▸ Work order: Within the entries below, how many lines carry the word "BindingPlan"? State the number and stop.

▸ Input for this task:
::::

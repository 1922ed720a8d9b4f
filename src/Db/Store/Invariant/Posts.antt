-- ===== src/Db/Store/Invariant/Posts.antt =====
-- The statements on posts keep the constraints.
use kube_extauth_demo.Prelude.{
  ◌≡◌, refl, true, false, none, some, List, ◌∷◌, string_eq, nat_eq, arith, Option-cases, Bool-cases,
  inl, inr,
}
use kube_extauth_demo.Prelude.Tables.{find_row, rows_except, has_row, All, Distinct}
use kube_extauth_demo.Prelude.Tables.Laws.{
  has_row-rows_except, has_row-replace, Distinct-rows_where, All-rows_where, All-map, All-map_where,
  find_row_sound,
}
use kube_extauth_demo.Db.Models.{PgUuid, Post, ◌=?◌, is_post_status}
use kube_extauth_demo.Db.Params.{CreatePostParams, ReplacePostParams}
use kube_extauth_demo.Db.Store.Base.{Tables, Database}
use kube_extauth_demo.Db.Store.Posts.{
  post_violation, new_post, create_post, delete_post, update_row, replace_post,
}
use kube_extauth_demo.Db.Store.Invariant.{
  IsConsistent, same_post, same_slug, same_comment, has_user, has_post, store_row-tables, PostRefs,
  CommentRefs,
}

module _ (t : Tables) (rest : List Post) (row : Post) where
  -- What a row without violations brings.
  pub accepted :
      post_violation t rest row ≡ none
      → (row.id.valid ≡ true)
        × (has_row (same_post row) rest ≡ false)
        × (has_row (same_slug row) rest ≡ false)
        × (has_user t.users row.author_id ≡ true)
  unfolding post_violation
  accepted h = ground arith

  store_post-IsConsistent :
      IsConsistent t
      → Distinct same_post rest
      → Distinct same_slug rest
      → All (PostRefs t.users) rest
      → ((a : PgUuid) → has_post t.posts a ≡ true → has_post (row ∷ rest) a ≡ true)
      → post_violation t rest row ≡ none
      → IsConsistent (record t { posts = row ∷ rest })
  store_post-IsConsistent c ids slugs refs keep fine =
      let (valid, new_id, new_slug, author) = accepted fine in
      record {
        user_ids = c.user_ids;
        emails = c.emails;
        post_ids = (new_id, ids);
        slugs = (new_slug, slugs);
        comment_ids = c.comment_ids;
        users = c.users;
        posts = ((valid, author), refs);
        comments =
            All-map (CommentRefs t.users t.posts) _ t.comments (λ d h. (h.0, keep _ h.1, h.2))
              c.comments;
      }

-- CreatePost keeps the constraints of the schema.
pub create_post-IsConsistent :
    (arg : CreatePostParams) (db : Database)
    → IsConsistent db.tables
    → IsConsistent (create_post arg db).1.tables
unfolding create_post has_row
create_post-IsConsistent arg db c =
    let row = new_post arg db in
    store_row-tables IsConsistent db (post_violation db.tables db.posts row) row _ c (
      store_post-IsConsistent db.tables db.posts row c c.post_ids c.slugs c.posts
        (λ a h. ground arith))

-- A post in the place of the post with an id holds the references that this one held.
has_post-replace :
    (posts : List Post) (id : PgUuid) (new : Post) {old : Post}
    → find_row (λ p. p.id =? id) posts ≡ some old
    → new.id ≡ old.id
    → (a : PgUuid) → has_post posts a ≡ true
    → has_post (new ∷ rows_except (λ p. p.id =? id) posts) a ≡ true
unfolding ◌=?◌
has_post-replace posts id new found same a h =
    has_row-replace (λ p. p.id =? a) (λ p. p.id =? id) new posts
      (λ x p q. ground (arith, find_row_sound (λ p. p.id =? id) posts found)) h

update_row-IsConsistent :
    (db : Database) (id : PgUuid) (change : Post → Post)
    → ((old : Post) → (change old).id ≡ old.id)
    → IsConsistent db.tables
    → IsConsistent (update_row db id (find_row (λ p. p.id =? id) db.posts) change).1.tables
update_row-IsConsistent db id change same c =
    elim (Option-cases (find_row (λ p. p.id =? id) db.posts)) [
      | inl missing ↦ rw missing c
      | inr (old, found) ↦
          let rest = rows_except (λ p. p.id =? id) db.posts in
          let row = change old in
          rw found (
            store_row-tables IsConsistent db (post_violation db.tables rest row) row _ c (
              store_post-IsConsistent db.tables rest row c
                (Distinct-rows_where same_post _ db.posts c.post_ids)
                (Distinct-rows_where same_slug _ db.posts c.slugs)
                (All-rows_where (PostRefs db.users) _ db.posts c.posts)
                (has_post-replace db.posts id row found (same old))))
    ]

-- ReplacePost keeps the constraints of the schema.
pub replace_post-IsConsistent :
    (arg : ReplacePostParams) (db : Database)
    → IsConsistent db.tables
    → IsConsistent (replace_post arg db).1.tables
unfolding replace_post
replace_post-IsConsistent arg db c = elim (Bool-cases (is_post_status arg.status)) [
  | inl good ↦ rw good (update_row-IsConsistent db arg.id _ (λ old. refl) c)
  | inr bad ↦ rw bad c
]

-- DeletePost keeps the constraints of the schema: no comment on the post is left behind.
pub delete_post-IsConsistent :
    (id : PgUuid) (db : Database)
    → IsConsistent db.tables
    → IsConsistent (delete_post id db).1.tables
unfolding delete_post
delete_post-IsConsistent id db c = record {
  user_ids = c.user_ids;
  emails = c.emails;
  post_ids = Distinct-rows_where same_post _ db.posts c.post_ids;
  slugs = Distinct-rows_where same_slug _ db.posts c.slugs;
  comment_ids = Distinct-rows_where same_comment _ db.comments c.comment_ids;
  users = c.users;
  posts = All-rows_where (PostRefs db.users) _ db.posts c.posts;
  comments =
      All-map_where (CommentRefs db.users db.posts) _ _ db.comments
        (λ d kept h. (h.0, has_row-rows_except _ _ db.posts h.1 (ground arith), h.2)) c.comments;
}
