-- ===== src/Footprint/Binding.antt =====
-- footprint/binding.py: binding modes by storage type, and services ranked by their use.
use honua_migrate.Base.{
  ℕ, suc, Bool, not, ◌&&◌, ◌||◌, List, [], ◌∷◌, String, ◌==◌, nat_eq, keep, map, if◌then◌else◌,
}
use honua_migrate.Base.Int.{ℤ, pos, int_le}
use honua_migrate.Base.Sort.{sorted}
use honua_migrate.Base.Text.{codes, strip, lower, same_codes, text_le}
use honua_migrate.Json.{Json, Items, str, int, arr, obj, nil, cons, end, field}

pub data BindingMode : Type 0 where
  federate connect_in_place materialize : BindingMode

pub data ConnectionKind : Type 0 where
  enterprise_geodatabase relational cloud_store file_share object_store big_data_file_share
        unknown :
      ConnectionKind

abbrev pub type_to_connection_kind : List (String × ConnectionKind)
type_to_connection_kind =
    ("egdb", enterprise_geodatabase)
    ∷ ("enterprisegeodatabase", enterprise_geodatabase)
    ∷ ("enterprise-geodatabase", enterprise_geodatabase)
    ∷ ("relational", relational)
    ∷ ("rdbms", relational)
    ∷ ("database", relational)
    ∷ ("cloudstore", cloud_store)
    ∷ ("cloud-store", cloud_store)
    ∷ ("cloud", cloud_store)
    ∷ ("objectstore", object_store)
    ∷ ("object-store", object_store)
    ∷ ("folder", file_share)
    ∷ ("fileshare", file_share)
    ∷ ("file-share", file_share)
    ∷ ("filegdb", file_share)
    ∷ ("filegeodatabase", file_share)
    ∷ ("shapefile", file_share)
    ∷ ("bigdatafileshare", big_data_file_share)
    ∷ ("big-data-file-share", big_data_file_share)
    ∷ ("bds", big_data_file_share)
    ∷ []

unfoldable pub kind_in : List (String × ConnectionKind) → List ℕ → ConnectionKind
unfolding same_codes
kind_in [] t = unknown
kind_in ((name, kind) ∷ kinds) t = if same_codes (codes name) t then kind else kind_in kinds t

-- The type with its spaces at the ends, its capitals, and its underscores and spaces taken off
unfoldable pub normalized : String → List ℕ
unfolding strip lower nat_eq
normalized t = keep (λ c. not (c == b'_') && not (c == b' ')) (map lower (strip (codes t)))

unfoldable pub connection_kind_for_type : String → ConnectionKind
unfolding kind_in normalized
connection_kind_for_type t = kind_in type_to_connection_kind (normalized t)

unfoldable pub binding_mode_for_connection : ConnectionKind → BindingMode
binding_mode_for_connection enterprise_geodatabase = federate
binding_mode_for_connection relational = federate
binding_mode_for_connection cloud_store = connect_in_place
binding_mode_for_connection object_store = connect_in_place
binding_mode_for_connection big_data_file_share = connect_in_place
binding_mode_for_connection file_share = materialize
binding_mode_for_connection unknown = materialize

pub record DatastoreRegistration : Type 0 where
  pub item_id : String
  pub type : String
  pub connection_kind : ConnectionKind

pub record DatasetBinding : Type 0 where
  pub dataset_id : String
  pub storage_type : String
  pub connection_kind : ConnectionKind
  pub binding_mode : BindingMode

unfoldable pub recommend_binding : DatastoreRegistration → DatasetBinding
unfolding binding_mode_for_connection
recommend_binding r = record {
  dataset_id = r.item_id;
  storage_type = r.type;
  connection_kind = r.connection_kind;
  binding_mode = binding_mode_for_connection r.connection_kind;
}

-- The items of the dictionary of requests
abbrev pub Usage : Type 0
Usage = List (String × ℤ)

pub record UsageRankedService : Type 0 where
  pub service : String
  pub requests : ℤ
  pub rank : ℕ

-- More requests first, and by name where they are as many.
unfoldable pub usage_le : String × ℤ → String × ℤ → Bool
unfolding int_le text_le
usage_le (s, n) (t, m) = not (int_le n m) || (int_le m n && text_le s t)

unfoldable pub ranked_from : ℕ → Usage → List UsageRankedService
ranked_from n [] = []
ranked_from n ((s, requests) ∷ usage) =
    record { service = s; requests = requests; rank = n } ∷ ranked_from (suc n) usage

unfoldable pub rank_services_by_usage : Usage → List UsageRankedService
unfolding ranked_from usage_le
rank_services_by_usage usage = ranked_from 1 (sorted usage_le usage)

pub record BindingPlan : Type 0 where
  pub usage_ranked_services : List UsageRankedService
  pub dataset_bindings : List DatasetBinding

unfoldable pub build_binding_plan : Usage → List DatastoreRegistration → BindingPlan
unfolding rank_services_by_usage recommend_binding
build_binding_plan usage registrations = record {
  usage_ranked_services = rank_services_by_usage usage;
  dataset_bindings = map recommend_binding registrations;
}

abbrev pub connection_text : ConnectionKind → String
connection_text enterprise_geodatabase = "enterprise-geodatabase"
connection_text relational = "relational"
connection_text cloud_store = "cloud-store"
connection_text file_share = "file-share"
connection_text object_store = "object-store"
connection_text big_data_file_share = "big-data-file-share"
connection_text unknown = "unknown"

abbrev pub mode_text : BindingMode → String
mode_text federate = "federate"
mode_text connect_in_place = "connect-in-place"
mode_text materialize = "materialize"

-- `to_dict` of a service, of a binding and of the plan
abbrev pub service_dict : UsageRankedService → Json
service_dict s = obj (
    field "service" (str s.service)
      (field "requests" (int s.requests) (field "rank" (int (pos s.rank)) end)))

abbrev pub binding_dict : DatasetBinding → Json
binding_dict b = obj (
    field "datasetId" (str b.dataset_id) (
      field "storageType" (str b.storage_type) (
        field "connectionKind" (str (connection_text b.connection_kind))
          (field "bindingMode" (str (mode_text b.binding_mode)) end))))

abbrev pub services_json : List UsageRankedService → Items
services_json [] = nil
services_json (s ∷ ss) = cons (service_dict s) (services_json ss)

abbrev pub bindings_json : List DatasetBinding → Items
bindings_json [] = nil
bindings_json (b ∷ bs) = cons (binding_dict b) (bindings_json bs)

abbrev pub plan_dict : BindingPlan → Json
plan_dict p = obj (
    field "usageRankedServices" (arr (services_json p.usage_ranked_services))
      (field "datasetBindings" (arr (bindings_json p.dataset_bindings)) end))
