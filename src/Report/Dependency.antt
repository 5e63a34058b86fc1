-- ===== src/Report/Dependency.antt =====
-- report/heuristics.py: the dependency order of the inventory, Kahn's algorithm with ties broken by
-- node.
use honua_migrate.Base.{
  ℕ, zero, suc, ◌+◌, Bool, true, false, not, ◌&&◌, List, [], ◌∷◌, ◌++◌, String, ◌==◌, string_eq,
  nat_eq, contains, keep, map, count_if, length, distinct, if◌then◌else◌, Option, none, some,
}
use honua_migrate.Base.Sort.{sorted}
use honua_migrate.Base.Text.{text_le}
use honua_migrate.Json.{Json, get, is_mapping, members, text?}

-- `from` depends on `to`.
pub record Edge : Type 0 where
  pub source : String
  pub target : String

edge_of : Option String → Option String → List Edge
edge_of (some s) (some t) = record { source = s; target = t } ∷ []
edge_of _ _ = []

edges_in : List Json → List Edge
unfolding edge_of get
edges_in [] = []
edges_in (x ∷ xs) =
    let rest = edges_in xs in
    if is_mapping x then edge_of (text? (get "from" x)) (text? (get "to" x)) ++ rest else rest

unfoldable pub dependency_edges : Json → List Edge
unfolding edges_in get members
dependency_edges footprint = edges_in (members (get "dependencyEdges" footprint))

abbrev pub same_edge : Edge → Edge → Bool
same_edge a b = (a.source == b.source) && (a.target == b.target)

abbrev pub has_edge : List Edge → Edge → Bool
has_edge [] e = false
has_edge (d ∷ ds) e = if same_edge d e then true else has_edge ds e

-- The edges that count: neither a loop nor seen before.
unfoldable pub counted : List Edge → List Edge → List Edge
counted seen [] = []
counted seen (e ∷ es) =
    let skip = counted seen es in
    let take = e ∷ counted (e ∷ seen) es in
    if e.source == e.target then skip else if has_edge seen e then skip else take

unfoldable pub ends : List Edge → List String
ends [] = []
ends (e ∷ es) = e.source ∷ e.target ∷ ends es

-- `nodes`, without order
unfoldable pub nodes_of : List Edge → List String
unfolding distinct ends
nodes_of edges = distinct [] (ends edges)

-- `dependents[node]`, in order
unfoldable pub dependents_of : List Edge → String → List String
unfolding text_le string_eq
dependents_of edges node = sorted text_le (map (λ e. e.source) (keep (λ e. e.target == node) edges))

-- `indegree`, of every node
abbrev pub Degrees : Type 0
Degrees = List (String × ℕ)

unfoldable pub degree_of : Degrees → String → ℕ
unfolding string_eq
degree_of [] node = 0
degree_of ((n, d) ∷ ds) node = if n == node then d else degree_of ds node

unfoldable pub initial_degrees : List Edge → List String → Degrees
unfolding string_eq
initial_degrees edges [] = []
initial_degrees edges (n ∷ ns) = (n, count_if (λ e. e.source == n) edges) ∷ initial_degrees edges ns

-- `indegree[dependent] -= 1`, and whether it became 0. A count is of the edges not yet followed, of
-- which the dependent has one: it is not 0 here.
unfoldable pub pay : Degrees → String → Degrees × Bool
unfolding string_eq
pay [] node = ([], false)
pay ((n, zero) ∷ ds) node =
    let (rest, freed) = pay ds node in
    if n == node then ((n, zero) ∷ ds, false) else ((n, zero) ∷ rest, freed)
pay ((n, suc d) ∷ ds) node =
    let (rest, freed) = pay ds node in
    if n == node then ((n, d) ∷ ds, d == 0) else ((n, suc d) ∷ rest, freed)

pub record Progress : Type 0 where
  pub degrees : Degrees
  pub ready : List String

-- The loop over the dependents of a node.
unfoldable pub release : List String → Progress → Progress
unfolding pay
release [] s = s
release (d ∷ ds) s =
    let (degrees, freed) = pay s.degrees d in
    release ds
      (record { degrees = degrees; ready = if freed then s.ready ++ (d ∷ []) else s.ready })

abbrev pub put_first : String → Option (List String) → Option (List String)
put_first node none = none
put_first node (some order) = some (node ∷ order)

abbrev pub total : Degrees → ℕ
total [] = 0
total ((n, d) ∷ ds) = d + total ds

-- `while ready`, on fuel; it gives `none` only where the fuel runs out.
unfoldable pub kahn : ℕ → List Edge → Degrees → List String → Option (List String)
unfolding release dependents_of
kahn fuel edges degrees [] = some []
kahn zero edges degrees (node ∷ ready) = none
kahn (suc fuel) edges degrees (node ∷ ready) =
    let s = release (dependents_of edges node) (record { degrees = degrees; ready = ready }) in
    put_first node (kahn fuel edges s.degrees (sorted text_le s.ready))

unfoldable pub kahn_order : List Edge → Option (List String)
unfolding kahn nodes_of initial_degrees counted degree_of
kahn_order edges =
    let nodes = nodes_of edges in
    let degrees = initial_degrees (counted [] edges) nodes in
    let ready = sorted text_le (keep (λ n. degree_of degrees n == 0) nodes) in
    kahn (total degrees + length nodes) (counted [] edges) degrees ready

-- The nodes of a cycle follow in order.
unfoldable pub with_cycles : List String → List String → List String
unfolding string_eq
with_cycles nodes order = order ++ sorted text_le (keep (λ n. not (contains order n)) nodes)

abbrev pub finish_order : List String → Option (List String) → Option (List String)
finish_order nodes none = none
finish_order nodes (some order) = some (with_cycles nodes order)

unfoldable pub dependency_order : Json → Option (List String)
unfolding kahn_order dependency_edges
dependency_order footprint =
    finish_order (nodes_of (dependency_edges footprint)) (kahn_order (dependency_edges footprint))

::::

▸ Result of the exercise: 3